**Exercise requirements:** From the listing below, retype exactly the line holding "Resources → Env", the line holding "guard (not (leb", and the lines between them; skip everything else.

**Data section:**
↓↓↓
-- ===== src/Resources/Commands.antt =====
-- `Resources::command` of crates/workbench-runtime/src/resource.rs, one function for each branch.
use distributed_workbench.Base.{
  ℕ, Str, bytes, Option, none, some, Bool, true, false, not, ◌||◌, List, [], ◌∷◌, map, Result, ok,
  err, ◌>>=◌, ◌>>◌, guard, map_err, if◌then◌else◌, ltb, leb, ◌==◌, starts_with,
}
use distributed_workbench.Base.Lists.{filter}
use distributed_workbench.Base.Map.{remove}
use distributed_workbench.Base.Map.Without.{member}
use distributed_workbench.Json.{
  Value, Values, null, boolean, string, array, object, nil, cons, end, field, get, as_u64, as_bool,
}
use distributed_workbench.Lease.{LeaseTable, acquire, validate, renew, release, public}
use distributed_workbench.Protocol.{RpcError, rpc_error}
use distributed_workbench.Resources.{
  Resources, Store, Env, persist, available, string_param, text_of, lease_error, lease_value,
}
use distributed_workbench.Schema.Lease.{Lease, resource}
use distributed_workbench.Lease

abbrev text_or_empty : Option Str → Str
text_or_empty none = []
text_or_empty (some s) = s

abbrev pub lease_values : List Lease → Values
lease_values [] = nil
lease_values (l ∷ ls) = cons (lease_value l) (lease_values ls)

-- `resource.lease.list`
unfoldable pub list_leases : Resources → Value → Value
list_leases state params =
    let prefix = text_or_empty (text_of (get params (bytes "prefix"))) in
    array (
      lease_values
        (map public (filter (λ l. starts_with l.resource prefix) (Lease.snapshot state.table))))

abbrev optional_lease : Option Lease → Value
optional_lease none = null
optional_lease (some l) = lease_value (public l)

-- `resource.lease.status`
unfoldable pub lease_status : Resources → Str → Value
lease_status state key = object (
    field (bytes "active") (boolean (member key state.active)) (
      field (bytes "lease") (optional_lease (Lease.get state.table key))
        (field (bytes "quarantined") (boolean (member key state.quarantined)) end)))

abbrev is_true : Option Bool → Bool
is_true (some true) = true
is_true _ = false

abbrev bool_of : Option Value → Option Bool
bool_of none = none
bool_of (some v) = as_bool v

-- The result of a step, with the state it leaves, after `persist`.
abbrev pub answer {ℓ} :
    {A : Type ℓ} → A → Result RpcError (Unit {0}) × Store → Result RpcError A × Store
answer a (ok _, s) = (ok a, s)
answer a (err e, s) = (err e, s)

-- Whether `resource.lease.recover` may go on.
unfoldable pub may_recover : Resources → Str → Value → Result RpcError (Unit {0})
may_recover state key params = do
  guard (is_true (bool_of (get params (bytes "confirmExecutionStopped")))) (
      rpc_error (bytes "RESOURCE_RECOVERY_CONFIRMATION_REQUIRED")
        (bytes "confirm the old operation and any child process have stopped"))
  guard (not (member key state.active))
      (rpc_error (bytes "RESOURCE_BUSY") (bytes "operation is still executing"))

abbrev release_quarantine : Store → Str → Store
release_quarantine s key = record s {
  resources = record s.resources { quarantined = remove key s.resources.quarantined };
}

module _ (sha : Str → Str) where
  -- `resource.lease.recover`
  unfoldable pub recover : Store → Env → Str → Value → Result RpcError Value × Store
  recover s env key params = elim (may_recover s.resources key params) [
    | err e ↦ (err e, s)
    | ok _ ↦
        answer
          (object
            (field (bytes "recovered") (boolean true) (field (bytes "resource") (string key) end)))
          (persist sha env.io (release_quarantine s key))
  ]

abbrev ttl_of : Option Value → ℕ
ttl_of none = 300000
ttl_of (some v) = elim (as_u64 v) [ none ↦ 300000 | some n ↦ n ]

-- A change of the table whose errors are those of the caller.
abbrev lease_result :
    Result Lease.LeaseError (Lease × LeaseTable) → Result RpcError (Lease × LeaseTable)
lease_result r = map_err lease_error r

abbrev with_table : LeaseTable → Lease → Lease × LeaseTable
with_table t l = (l, t)

module _ (sha : Str → Str) where
  -- The match on the action, with the table that it leaves.
  unfoldable pub change_lease :
      Resources
      → Env
      → (action key owner : Str) (ttl : ℕ) → Value
      → Result RpcError (Lease × LeaseTable)
  change_lease state env action key owner ttl params =
      if action == bytes "resource.lease.acquire"
      then (available state key
          >> lease_result
              (acquire state.table resource key owner ttl env.now env.id_uuid env.token_uuid))
      else if action == bytes "resource.lease.validate"
      then (string_param params (bytes "token") >>= λ token.
          map_err lease_error (validate sha state.table key owner token env.checked) >>= λ l.
          ok (with_table state.table l))
      else if action == bytes "resource.lease.renew"
      then (string_param params (bytes "token") >>= λ token.
          lease_result (renew sha state.table key owner token ttl env.checked env.now))
      else if action == bytes "resource.lease.release"
      then (available state key
          >> (string_param params (bytes "token") >>= λ token.
              lease_result (release sha state.table key owner token env.checked)))
      else err (rpc_error (bytes "UNKNOWN_ACTION") action)

  -- The actions that need an owner and a time to live.
  unfoldable pub lease_change :
      Resources → Env → (action key : Str) → Value → Result RpcError (Lease × LeaseTable)
  lease_change state env action key params = do
    owner ← string_param params (bytes "owner")
    let ttl = ttl_of (get params (bytes "ttlMs"))
    guard (not (leb ttl 0 || ltb 86400000 ttl))
        (rpc_error (bytes "INVALID_PARAMS") (bytes "TTL must be between 1 ms and 24 hours"))
    change_lease state env action key owner ttl params

  abbrev store_table : Store → LeaseTable → Store
  store_table s t = record s { resources = record s.resources { table = t } }

  unfoldable pub change : Store → Env → (action key : Str) → Value → Result RpcError Value × Store
  change s env action key params = elim (lease_change s.resources env action key params) [
    | err e ↦ (err e, s)
    | ok (l, t) ↦ answer (lease_value l) (persist sha env.io (store_table s t))
  ]

  unfoldable pub command : Store → Env → (action : Str) → Value → Result RpcError Value × Store
  command s env action params =
      if action == bytes "resource.lease.list"
      then (ok (list_leases s.resources params), s)
      else elim (string_param params (bytes "resource")) [
        | err e ↦ (err e, s)
        | ok key ↦
            if action == bytes "resource.lease.status"
            then (ok (lease_status s.resources key), s)
            else if action == bytes "resource.lease.recover"
            then recover sha s env key params
            else change s env action key params
      ]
↑↑↑
**Expected answer:**
      Resources → Env → (action key : Str) → Value → Result RpcError (Lease × LeaseTable)
  lease_change state env action key params = do
    owner ← string_param params (bytes "owner")
    let ttl = ttl_of (get params (bytes "ttlMs"))
    guard (not (leb ttl 0 || ltb 86400000 ttl))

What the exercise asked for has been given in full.